Work instructions -
Beneath this task are records; state how many of their lines hold the word "Trees", and nothing else.
________________________________________
-- ===== src/Requirement/Knowledge.antt =====
-- Unknown is not false: what is learnt later never turns a definite answer of evaluateNode round.
use capagent.Requirement.Tree.{meaning, meanings, Trees, Tree}
use capagent.Requirement.Soundness.{validate_sound}
use capagent.Requirement.Kleene.{Refines, not_mono, algebra_mono, ◌⊑◌}
use capagent.Requirement.Node.{enough_fuel, valid, validate, Pointer, Heap}
use capagent.Requirement.Logic.{RequirementState}
use capagent.Base.{arith, ℕ, ◌≡◌, Option}
use capagent.Model.CapabilityId.{CapabilityId}
use capagent.Requirement.Meaning.{run_node, EndsIn, capability_state}
use capagent.Requirement.Evaluate.{evaluate_node}
use capagent.Requirement.Predicate.{Result, predicate, state, CandidateIndex}

-- The second index knows of every capability what the first knows, or more.
abbrev pub Extends : CandidateIndex → CandidateIndex → Type 0
Extends index index' =
    (id : CapabilityId) → state (predicate id index) ⊑ state (predicate id index')

module _ (f g : CapabilityId → RequirementState) (more : (id : CapabilityId) → f id ⊑ g id) where
  mutual
    unfolding meaning

    meaning_mono : (t : Tree) → meaning f t ⊑ meaning g t
    meaning_mono (Tree.capability id) = more id
    meaning_mono (Tree.all ts) = (algebra_mono (meanings_mono ts)).0
    meaning_mono (Tree.any ts) = (algebra_mono (meanings_mono ts)).1
    meaning_mono (Tree.negation t) = not_mono (meaning f t) (meaning g t) (meaning_mono t)

    meanings_mono : (ts : Trees) → Refines (meanings f ts) (meanings g ts)
    meanings_mono Trees.nil = Refines.nil
    meanings_mono (Trees.cons t ts) = Refines.cons (meaning_mono t) (meanings_mono ts)

same_state : {run : Option Result} {s s' : RequirementState} → EndsIn run s → EndsIn run s' → s ≡ s'
same_state (x, ran, means) (y, ran', means') = ground arith

-- On a document that validate accepts, and with the fuel that Evaluate gives, let one index know
-- of every capability what another knows, or more. Then an answer that is SATISFIED or UNSATISFIED with
-- the poorer index is the same with the richer one.
pub evaluate_node_mono :
    (heap : Heap) (root : Pointer) {n : ℕ} (index index' : CandidateIndex) {s s' : RequirementState}
    → validate heap root ≡ valid n
    → Extends index index'
    → EndsIn (evaluate_node enough_fuel heap index root) s
    → EndsIn (evaluate_node enough_fuel heap index' root) s'
    → s ⊑ s'
unfolding capability_state
evaluate_node_mono heap root {n} index index' ok more ends ends' =
    let (t, holds, names, counted, few, low) = validate_sound heap root n ok in
    rw
      (
        same_state ends (run_node index heap enough_fuel root t holds (omega arith)),
        same_state ends' (run_node index' heap enough_fuel root t holds (omega arith)),
      )
      (meaning_mono (capability_state index) (capability_state index') more t)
________________________________________
Solution to the exercise -
4